Inside the Library

Keleketla! Library, Johannesburg

Take a look into libraries and book collections holding some of the rarer and often forgotten publications, which are nonetheless essential to the discourse on both sides of the spectrum. Featured this time: Keleketla! Library in Johannesburg.

Medu Art Ensemble Newsletter, Volume 3, Number 2, 1981

Medu Art Ensemble Newsletter, Volume 3, Number 2, 1981

By Judy Seidman & Rangoato Hlasane

The Library presents their selection of the renowned and important ‘Medu Art Ensemble Newsletters’:

‘The collection at Keleketla! Library consists of over 4000 titles of all subjects received from donations over the last five years. Located in the ‘complex’, dynamic, transient Johannesburg inner city suburb of Joubert Park, the collection is mainly used by youth and educators. The library provides a counter-argument to the ‘low readership level’ rhetoric. Furthermore, the library is concerned with knowledge production that takes the archive as a point of departure.

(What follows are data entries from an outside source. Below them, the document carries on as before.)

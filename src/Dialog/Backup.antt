-- ===== src/Dialog/Backup.antt =====
-- frontend/src/components/AdminBackup.tsx: the status of the sealed backups and the operations on them. An
-- operation awaits its request and then the status; both answers are arguments.
pub mod Deposit
use kypassword_server.Base.{
  ℕ, zero, suc, ◌+◌, ◌*◌, ◌==◌, ltb, Text, codes, is_empty, or_else, select, Bool, true, false, not,
  ◌&&◌, ◌||◌, Option, none, some, List, [], ◌∷◌, ◌++◌, if◌then◌else◌, Result, ok, throw,
}
use kypassword_server.Api.{Thrown, to_error_message}

pub record Receipt : Type 0 where
  pub capsule_id : Text
  pub digest : Text
  pub size_bytes : ℕ
  pub deposited_at : Text

pub record LastRun : Type 0 where
  pub at_time : Text
  pub capsule_id : Option Text
  pub local_path : Option Text
  pub local_error : Option Text
  pub deposited : Bool
  pub error : Option Text

pub record BackupStatus : Type 0 where
  pub paired : Bool
  pub recovery_url : Option Text
  pub recovery_key_id : Option Text
  pub threshold : Option ℕ
  pub total_shares : Option ℕ
  pub key_healthy : Bool
  pub last_deposit : Option Receipt
  pub error : Option Text
  pub backup_dir : Text
  pub allow_private : Bool
  pub interval_sec : ℕ
  pub next_attempt : Option Text
  pub last_attempt : Option Text
  -- the names of `localCopies`
  pub local_copies : List Text
  pub last_run : Option LastRun

pub record DrillCheck : Type 0 where
  pub name : Text
  pub passed : Bool
  pub message : Text

pub record DrillResult : Type 0 where
  pub passed : Bool
  pub duration_ms : ℕ
  pub checks : List DrillCheck

-- An absent text and an empty one are treated alike.
pub record DepositReply : Type 0 where
  pub local_path : Text
  pub local_error : Text
  pub receipt : Option Receipt
  pub warning : Text

-- `Boolean(reply.warning || reply.result.local_error)`.
unfoldable pub deposit_failed : DepositReply → Bool
deposit_failed reply = not (is_empty (or_else reply.warning reply.local_error))

-- `parts.filter(Boolean).join(" ")`.
unfoldable pub join_parts : List Text → Text
join_parts [] = []
join_parts (p ∷ parts) =
    let rest = join_parts parts in
    if is_empty p then rest else if is_empty rest then p else p ++ (codes " " ++ rest)

abbrev pub path_part : Text → Text
path_part path = if is_empty path then [] else codes "Local copy: " ++ (path ++ codes ".")

abbrev pub receipt_part : Option Receipt → Text
receipt_part none = []
receipt_part (some r) = codes "Deposited " ++ (r.capsule_id ++ codes ".")

-- The text and the role of `BackupDepositResult`.
unfoldable pub deposit_details : DepositReply → Text
unfolding join_parts
deposit_details reply = join_parts (
    path_part reply.local_path
    ∷ receipt_part reply.receipt
    ∷ reply.local_error
    ∷ reply.warning
    ∷ [])

pub record Backup : Type 0 where
  pub status : Option BackupStatus
  pub url : Text
  pub code : Text
  pub public_key : Text
  pub threshold : ℕ
  pub total_shares : ℕ
  -- 60 times `intervalMinutes`
  pub interval_seconds : ℕ
  pub drill : Option DrillResult
  pub busy : Bool
  pub deposit_reply : Option DepositReply
  pub message : Text
  pub error : Text

abbrev pub open_backup : Backup
open_backup = record {
  status = none;
  url = [];
  code = [];
  public_key = [];
  threshold = 2;
  total_shares = 3;
  interval_seconds = 1440 * 60;
  drill = none;
  busy = false;
  deposit_reply = none;
  message = [];
  error = [];
}

abbrev or_empty : Option Text → Text
or_empty none = []
or_empty (some t) = t

unfoldable pub refresh : Result Thrown BackupStatus → Backup → Backup
unfolding to_error_message
refresh (ok next) s = record s {
  status = some next;
  url = or_empty next.recovery_url;
  interval_seconds = next.interval_sec;
}
refresh (throw e) s = record s { error = to_error_message e (codes "Failed to load backup status") }

-- `act` up to its operation.
unfoldable pub begin_act : Backup → Backup
begin_act s = record s { busy = true; error = []; message = []; deposit_reply = none }

-- `act` from the answer to its operation on; `next` is the answer of `refresh`.
unfoldable pub end_act :
    {A : Type 0}
    → (A → Backup → Backup)
    → Result Thrown A
    → Result Thrown BackupStatus
    → Backup
    → Backup
unfolding refresh to_error_message
end_act action (ok a) next s = record (refresh next (action a s)) { busy = false }
end_act action (throw e) next s = record s {
  error = to_error_message e (codes "Backup operation failed");
  busy = false;
}

-- What the operations do with an answer.
unfoldable pub paired : Unit {0} → Backup → Backup
paired _ s = record s { code = []; message = codes "KyRecovery pairing pinned successfully." }

unfoldable pub deposited : DepositReply → Backup → Backup
deposited reply s = record s { deposit_reply = some reply }

unfoldable pub drilled : DrillResult → Backup → Backup
drilled r s = record s {
  drill = some r;
  message =
      if r.passed then codes "Restore drill passed." else codes "Restore drill found a problem.";
}

unfoldable pub downloaded : Unit {0} → Backup → Backup
downloaded _ s = record s { message = codes "Downloaded sealed capsule." }

unfoldable pub schedule_saved : Unit {0} → Backup → Backup
schedule_saved _ s = record s { message = codes "Backup schedule saved." }

unfoldable pub key_pinned : Unit {0} → Backup → Backup
key_pinned _ s = record s {
  public_key = [];
  message = codes "Recovery public key pinned. Compare its fingerprint with the ceremony page.";
}

unfoldable pub unpaired : Unit {0} → Backup → Backup
unpaired _ s = record s {
  message = codes "Remote pairing removed. Local backups remain available.";
}

-- What the forms send.
unfoldable pub pair_request : Backup → Text × Text
pair_request s = (s.url, s.code)

unfoldable pub schedule_request : Backup → ℕ
schedule_request s = s.interval_seconds

unfoldable pub pin_request : Backup → Text × ℕ × ℕ
pin_request s = (s.public_key, s.threshold, s.total_shares)

-- The buttons that can be pressed.
unfoldable pub can_save_schedule : Backup → Bool
can_save_schedule s = not (s.busy || (ltb 0 s.interval_seconds && ltb s.interval_seconds (15 * 60)))

abbrev is_key_healthy : Option BackupStatus → Bool
is_key_healthy none = false
is_key_healthy (some status) = status.key_healthy

unfoldable pub can_deposit : Backup → Bool
can_deposit s = not (s.busy || not (is_key_healthy s.status))

abbrev recovery_url_of : Option BackupStatus → Text
recovery_url_of none = []
recovery_url_of (some status) = or_empty status.recovery_url

unfoldable pub can_unpair : Bool → Backup → Bool
can_unpair confirmed s = not (is_empty (recovery_url_of s.status)) && (not s.busy && confirmed)

abbrev status_text_of : BackupStatus → Text
status_text_of status =
    if not (is_empty (or_empty status.error))
    then codes "Recovery configuration needs attention"
    else if status.paired
    then codes "Paired and healthy"
    else if status.key_healthy
    then codes "Key pinned; remote not paired"
    else codes "No recovery key"

unfoldable pub status_text : Option BackupStatus → Text
status_text none = codes "No recovery key"
status_text (some status) = status_text_of status
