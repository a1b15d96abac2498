-- ===== src/Dialog/Backup/Deposit.antt =====
-- What frontend/src/components/AdminBackup.tsx says of a deposit.
use kypassword_server.Base.{
  sym, Text, codes, is_empty, or_else, Bool-cases, true, false, List, [], ◌∷◌, ◌++◌, ◌≡◌, inl, inr,
  refl, arith, All, not,
}
use mathlib.Core.List.{append-nil, append_assoc}
use mathlib.Core.Path.{subst}
use kypassword_server.Dialog.Backup.{
  DepositReply, deposit_failed, deposit_details, join_parts, path_part, receipt_part,
}

abbrev pub Within : Text → Text → Type 0
Within part t = (a : Text) × (b : Text) × (t ≡ a ++ (part ++ b))

is_empty-nil : (t : Text) → is_empty t ≡ true → t ≡ []
is_empty-nil [] h = refl
is_empty-nil (c ∷ t) h = cc

Within-append : (part x t : Text) → Within part t → Within part (x ++ t)
Within-append part x t (a, b, h) = (x ++ a, b, rw (h) (sym (append_assoc x a (part ++ b))))

All-Within-append :
    (parts : List Text) (x t : Text)
    → All (λ p. Within p t) parts
    → All (λ p. Within p (x ++ t)) parts
All-Within-append [] x t h = tt
All-Within-append (p ∷ parts) x t h = (Within-append p x t h.0, All-Within-append parts x t h.1)

join_parts-extends :
    (p : Text) (parts : List Text)
    → ((x : Text) × (join_parts (p ∷ parts) ≡ x ++ join_parts parts))
      × Within p (join_parts (p ∷ parts))
unfolding join_parts
join_parts-extends p parts = elim (Bool-cases (is_empty p)) [
  | inl e ↦ (([], rw (e)), ([], join_parts parts, rw (e, is_empty-nil p e)))
  | inr n ↦ elim (Bool-cases (is_empty (join_parts parts))) [
    | inl e ↦ (
      (p, rw (n, e, is_empty-nil (join_parts parts) e) (sym (append-nil p))),
      ([], [], rw (n, e) (sym (append-nil p))),
    )
    | inr m ↦ (
      (p ++ codes " ", rw (n, m) (sym (append_assoc p (codes " ") (join_parts parts)))),
      ([], codes " " ++ join_parts parts, rw (n, m)),
    )
  ]
]

join_parts-Within : (parts : List Text) → All (λ p. Within p (join_parts parts)) parts
join_parts-Within [] = tt
join_parts-Within (p ∷ parts) =
    let one = join_parts-extends p parts in
    (
      one.1,
      subst (λ t. All (λ q. Within q t) parts) (sym one.0.1)
          (All-Within-append parts one.0.0 (join_parts parts) (join_parts-Within parts)),
    )

deposit_failed-false :
    (local_error warning : Text)
    → not (is_empty (or_else warning local_error)) ≡ false
    → (local_error ≡ []) × (warning ≡ [])
deposit_failed-false [] [] h = (refl, refl)
deposit_failed-false (c ∷ t) [] h = absurd (ground (arith, h))
deposit_failed-false e (c ∷ t) h = absurd (ground (arith, h))

-- The details of a deposit contain the local path, the receipt, the local error and the warning, each as far as
-- the reply has it; a reply shown as a success has neither a local error nor a warning.
pub deposit_details-Shows :
    (reply : DepositReply)
    → All
        (λ p. Within p (deposit_details reply))
        (path_part reply.local_path
          ∷ receipt_part reply.receipt
          ∷ reply.local_error
          ∷ reply.warning
          ∷ [])
      × ((deposit_failed reply ≡ false) → (reply.local_error ≡ []) × (reply.warning ≡ []))
unfolding deposit_details deposit_failed
deposit_details-Shows reply = (
  join_parts-Within (
      path_part reply.local_path
      ∷ receipt_part reply.receipt
      ∷ reply.local_error
      ∷ reply.warning
      ∷ []),
  deposit_failed-false reply.local_error reply.warning,
)
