-- ===== src/Vault/Recover.antt =====
-- `recoverEntryCopy` of frontend/src/lib/kdbx.ts: the copy of an entry of another vault, with the custom
-- icons of both vaults.
pub mod Icons
pub mod Rounds
pub mod Copies
use kypassword_server.Base.{
  ℕ, suc, Text, codes, is_empty, or_else, Bool, true, false, not, ◌||◌, Option, none, some, List,
  [], ◌∷◌, ◌++◌, if◌then◌else◌, Result, ok, throw,
}
use kypassword_server.Api.{Thrown, other_error}
use kypassword_server.Crypto.{Bytes}
use kypassword_server.Vault.{Value, plain, protected, Entry, find_entry, has_group, is_live}
use kypassword_server.Vault.Fields.{get_key, set_key, entry_field_text}
use kypassword_server.Vault.Listing.{Database, Library, recycled_group_ids, group_uuid}
use kypassword_server.Vault.Update.{title_key}

-- A state of the copied entry, with its custom icon's id.
pub record Item : Type 0 where
  pub fields : List (Text × Value)
  pub custom_icon : Option Text

pub record Copy : Type 0 where
  pub uuid : Text
  pub current : Item
  pub history : List Item

-- A vault's database and `meta.customIcons`.
pub record Stored : Type 0 where
  pub db : Database
  pub icons : List (Text × Bytes)

-- `db.importEntry(entry, destination, source.db)`, which gives the copy and adds it to the database, and
-- the ids that `KdbxUuid.random()` gives in turn.
pub record Imports : Type 0 where
  pub import_entry : Entry → Text → Stored → Stored → Copy × Stored
  pub random : ℕ → Text

-- The state of the loop over the copy's states: `importedIcons`, the custom icons, and the number of
-- ids drawn.
pub record IconState : Type 0 where
  pub imported : List (Text × Text)
  pub icons : List (Text × Bytes)
  pub drawn : ℕ

abbrev pub has_key : Text → List (Text × Bytes) → Bool
has_key k m = elim (get_key k m) [ none ↦ false | some _ ↦ true ]

abbrev pub has_title : Option Value → Bool
has_title none = false
has_title (some (plain t)) = false
has_title (some (protected t)) = true

-- The title of the copy of an entry with these fields.
unfoldable pub recovered_title : List (Text × Value) → Value
unfolding entry_field_text get_key
recovered_title fields =
    let title =
      or_else (entry_field_text fields title_key) (codes "Untitled") ++ codes " (recovered)" in
    if has_title (get_key title_key fields) then protected title else plain title

-- The last loop: `customIcons.set(id, icon)` of every icon that was there.
unfoldable pub set_icons : List (Text × Bytes) → List (Text × Bytes) → List (Text × Bytes)
unfolding set_key
set_icons [] icons = icons
set_icons ((id, icon) ∷ existing) icons = set_icons existing (set_key id icon icons)

module _ (random : ℕ → Text) (existing source : List (Text × Bytes)) where
  -- The new id of a source's icon.
  unfoldable pub new_id : Text → Bytes → IconState → Text × IconState
  unfolding get_key set_key
  new_id id icon s = elim (get_key id s.imported) [
    | some n ↦ (n, s)
    | none ↦ (
      random s.drawn,
      record {
        imported = set_key id (random s.drawn) s.imported;
        icons = set_key (random s.drawn) icon s.icons;
        drawn = suc s.drawn;
      },
    )
  ]

  -- One round of the loop.
  unfoldable pub re_identify : Item → IconState → Item × IconState
  unfolding new_id get_key
  re_identify item s = elim item.custom_icon [
    | none ↦ (item, s)
    | some id ↦
        if is_empty id || not (has_key id existing) then (item, s) else elim (get_key id source) [
          | none ↦ (item, s)
          | some icon ↦
              (record item { custom_icon = some ((new_id id icon s).0) }, (new_id id icon s).1)
        ]
  ]

  unfoldable pub re_identify_all : List Item → IconState → List Item × IconState
  unfolding re_identify
  re_identify_all [] s = ([], s)
  re_identify_all (item ∷ items) s =
      let r = re_identify item s in let rest = re_identify_all items r.1 in (r.0 ∷ rest.0, rest.1)

-- What `recoverEntryCopy` leaves: the vault with the entry that `importEntry` added, and that entry.
pub record Recovered : Type 0 where
  pub vault : Stored
  pub copy : Copy

module _ (lib : Library) (k : Imports) where
  unfoldable pub copy_entry : Stored → Entry → Stored → Recovered
  unfolding re_identify re_identify_all set_icons set_key recovered_title
  copy_entry source entry this =
      let imported = k.import_entry entry (group_uuid this.db.root) source this in
      let copy = imported.0 in
      let start : IconState = record { imported = []; icons = imported.1.icons; drawn = 0 } in
      let current = re_identify k.random this.icons source.icons copy.current start in
      let rest = re_identify_all k.random this.icons source.icons copy.history current.1 in
      record {
        vault = record { db = imported.1.db; icons = set_icons this.icons rest.1.icons };
        copy = record {
          uuid = copy.uuid;
          current = record {
            fields = set_key title_key (recovered_title entry.current.fields) current.0.fields;
            custom_icon = current.0.custom_icon;
          };
          history = rest.0;
        };
      }

  unfoldable pub recover_entry_copy : Stored → Text → Stored → Result Thrown (Text × Recovered)
  unfolding find_entry recycled_group_ids copy_entry
  recover_entry_copy source uuid this = elim (find_entry uuid source.db.entries) [
    | none ↦ throw (other_error (codes "Select a live entry from the conflict."))
    | some entry ↦
        if is_live (recycled_group_ids lib source.db) entry
        then if has_group (recycled_group_ids lib this.db) (group_uuid this.db.root)
          then throw (other_error (codes "No live vault folder is available."))
          else ok ((copy_entry source entry this).copy.uuid, copy_entry source entry this)
        else throw (other_error (codes "Select a live entry from the conflict."))
  ]
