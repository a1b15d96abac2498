-- ===== src/Dialog/Comparison.antt =====
-- frontend/src/components/ConflictComparison.tsx: the entries of a preserved conflict, and the recovery of
-- one of them as a copy in the open vault. The download and the opening of the conflict end in
-- `loaded`.
pub mod Once
use kypassword_server.Base.{
  Text, codes, equal, any, Bool, true, false, not, ◌||◌, Option, none, some, List, [], ◌∷◌, ◌++◌,
  if◌then◌else◌, Result, ok, throw,
}
use kypassword_server.Api.{Thrown}
use kypassword_server.Vault.Listing.{Library, get_live_entries}
use kypassword_server.Vault.Update.{VaultEntry}
use kypassword_server.Vault.Recover.{Stored, Imports, Recovered, recover_entry_copy}

pub data LoadState : Type 0 where
  loading load_failed : LoadState
  ready : Stored → LoadState

pub record Comparison : Type 0 where
  -- the open vault
  pub current : Stored
  pub state : LoadState
  pub selected_id : Text
  pub reveal : Bool
  -- the ids of a `Set`, the newest first
  pub recovered : List Text
  pub message : Text
  -- what `onRecovered` was called with, the newest first
  pub copies : List Text

abbrev pub open_comparison : Stored → Comparison
open_comparison current = record {
  current = current;
  state = loading;
  selected_id = [];
  reveal = false;
  recovered = [];
  message = [];
  copies = [];
}

abbrev first_uuid : List VaultEntry → Text
first_uuid [] = []
first_uuid (e ∷ _) = e.uuid

abbrev pub is_recovered : Text → List Text → Bool
is_recovered id ids = any (λ i. equal i id) ids

module _ (lib : Library) (k : Imports) where
  -- The end of the load, while the comparison is shown; any error is the same.
  unfoldable pub loaded : Result Thrown Stored → Comparison → Comparison
  unfolding get_live_entries
  loaded (throw e) s = record s { state = load_failed }
  loaded (ok vault) s = record s {
    state = ready vault;
    selected_id = first_uuid (get_live_entries lib vault.db);
  }

  -- Whether a row is selected; the rows are the live entries of the conflict.
  unfoldable pub has_selected : Stored → Text → Bool
  unfolding get_live_entries
  has_selected vault id = any (λ e. equal e.uuid id) (get_live_entries lib vault.db)

  -- The end of `recover`.
  unfoldable pub recovered_copy : Result Thrown (Text × Recovered) → Comparison → Comparison
  recovered_copy (ok r) s = record s {
    current = r.1.vault;
    recovered = s.selected_id ∷ s.recovered;
    copies = r.0 ∷ s.copies;
    message =
        codes
          "Recovered a copy to the top-level folder. Close this window to check autosave status. The conflict is still preserved.";
  }
  recovered_copy (throw e) s = record s {
    message = codes "Unable to recover this entry. The preserved conflict has not been deleted.";
  }

  unfoldable pub recover : Comparison → Comparison
  unfolding has_selected recovered_copy recover_entry_copy
  recover s = elim s.state [
    | loading ↦ s
    | load_failed ↦ s
    | ready vault ↦
        if not (has_selected vault s.selected_id) || is_recovered s.selected_id s.recovered
        then s
        else recovered_copy (recover_entry_copy lib k vault s.selected_id s.current) s
  ]

  -- A click on a row.
  unfoldable pub select_row : Text → Comparison → Comparison
  select_row uuid s = record s { selected_id = uuid; reveal = false }

  unfoldable pub set_reveal : Bool → Comparison → Comparison
  set_reveal b s = record s { reveal = b }

  -- The states that a shown comparison reaches.
  pub data Reaches (current : Stored) : Comparison → Type 0 where
    opens : Reaches current (open_comparison current)
    loads :
        {s : Comparison}
        → (r : Result Thrown Stored) → Reaches current s
        → Reaches current (loaded r s)
    selects :
        {s : Comparison} → (uuid : Text) → Reaches current s → Reaches current (select_row uuid s)
    reveals : {s : Comparison} → (b : Bool) → Reaches current s → Reaches current (set_reveal b s)
    recovers : {s : Comparison} → Reaches current s → Reaches current (recover s)
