-- ===== src/Dialog/Comparison/Once.antt =====
-- An entry of a conflict is recovered once (frontend/src/components/ConflictComparison.tsx).
use kypassword_server.Base.{
  Text, Bool-cases, false, List, [], ◌∷◌, ◌≡◌, inl, inr, refl, arith, length, Result, ok, throw,
  not, ◌||◌,
}
use kypassword_server.Api.{Thrown}
use kypassword_server.Vault.Listing.{Library}
use kypassword_server.Vault.Recover.{Stored, Imports, Recovered, recover_entry_copy}
use kypassword_server.Dialog.Comparison.{
  Comparison, LoadState, Reaches, is_recovered, loaded, recover, recovered_copy, select_row,
  set_reveal, has_selected,
}

-- No id twice.
abbrev pub IsSetList : List Text → Type 0
IsSetList [] = Unit
IsSetList (id ∷ ids) = (is_recovered id ids ≡ false) × IsSetList ids

abbrev pub IsOnce : Comparison → Type 0
IsOnce s = IsSetList s.recovered × (length s.copies ≡ length s.recovered)

module _ (lib : Library) (k : Imports) where
  recovered_copy-IsOnce :
      (r : Result Thrown (Text × Recovered)) (s : Comparison)
      → is_recovered s.selected_id s.recovered ≡ false
      → IsOnce s
      → IsOnce (recovered_copy lib k r s)
  unfolding recovered_copy
  recovered_copy-IsOnce (ok r) s new h = ((new, h.0), omega (arith, h.1))
  recovered_copy-IsOnce (throw e) s new h = h

  recover-IsOnce_of :
      (st : LoadState) (s : Comparison) → s.state ≡ st → IsOnce s → IsOnce (recover lib k s)
  unfolding recover
  recover-IsOnce_of LoadState.loading s e h = simp (recover, e) h
  recover-IsOnce_of LoadState.load_failed s e h = simp (recover, e) h
  recover-IsOnce_of (LoadState.ready vault) s e h =
      elim (Bool-cases
        (not (has_selected lib k vault s.selected_id) || is_recovered s.selected_id s.recovered)) [
          | inl t ↦ simp (recover, e, t) h
          | inr f ↦
              simp (recover, e, f)
                (recovered_copy-IsOnce (recover_entry_copy lib k vault s.selected_id s.current) s
                  (ground (arith, f)) h)
        ]

  loaded-IsOnce : (r : Result Thrown Stored) (s : Comparison) → IsOnce s → IsOnce (loaded lib k r s)
  unfolding loaded
  loaded-IsOnce (ok v) s h = h
  loaded-IsOnce (throw e) s h = h

  -- Whatever is loaded, selected and recovered in a shown comparison, no entry of the conflict is recovered
  -- twice: the ids noted as recovered are different, and there are as many copies as ids.
  pub Reaches-IsOnce : (current : Stored) (s : Comparison) → Reaches lib k current s → IsOnce s
  unfolding select_row set_reveal
  Reaches-IsOnce current _ Reaches.opens = (tt, refl)
  Reaches-IsOnce current _ (Reaches.loads {s} r h) = loaded-IsOnce r s (Reaches-IsOnce current s h)
  Reaches-IsOnce current _ (Reaches.selects {s} uuid h) = Reaches-IsOnce current s h
  Reaches-IsOnce current _ (Reaches.reveals {s} b h) = Reaches-IsOnce current s h
  Reaches-IsOnce current _ (Reaches.recovers {s} h) =
      recover-IsOnce_of s.state s refl (Reaches-IsOnce current s h)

Thus the Medu Art Ensemble Newsletters are the bibles of our after school programme in art and media, evident in the silkscreen posters produced by youth. Medu Art Ensemble was an art-making collective formed in 1978 in Gaborone, Botswana by South African artists exiled after the 1976 uprising. Medu (which means ’roots’ in Sepedi) aimed to use all forms of creative art – poetry and writing, theatre, visual arts, music and dance – to give voice to the South African liberation struggle. Medu put out the Medu Newsletter several times a year, from 1979 to 1985, modelled upon the black community arts magazine Staffrider.  The Medu newsletter provided a unique forum for creative expression and critical thinking around community-based and resistance arts; distributing material, which the apartheid regime outlawed and banned.’

 

About the library:
Keleketla! Library is an interdisciplinary, independent library and media arts project. It was established in 2008 to create access to the use of arts and media strategies as alternative education models and tools.

http://keleketla.org

 

Judy Seidman is a visual artist, cultural worker and political artist.  She has worked in Southern Africa since 1972, was part of Medu Art Ensemble in the 1980s, and has been based in Johannesburg since 1990. Seidman currently works with community arts projects looking at collective expression of struggles around gender and social justice. 

Rangoato Hlasane  is an artist, writer, illustrator, DJ (as Mma Tseleng) and organiser based in Johannesburg, South Africa. He is the co-founder and co-director of Keleketla! Library.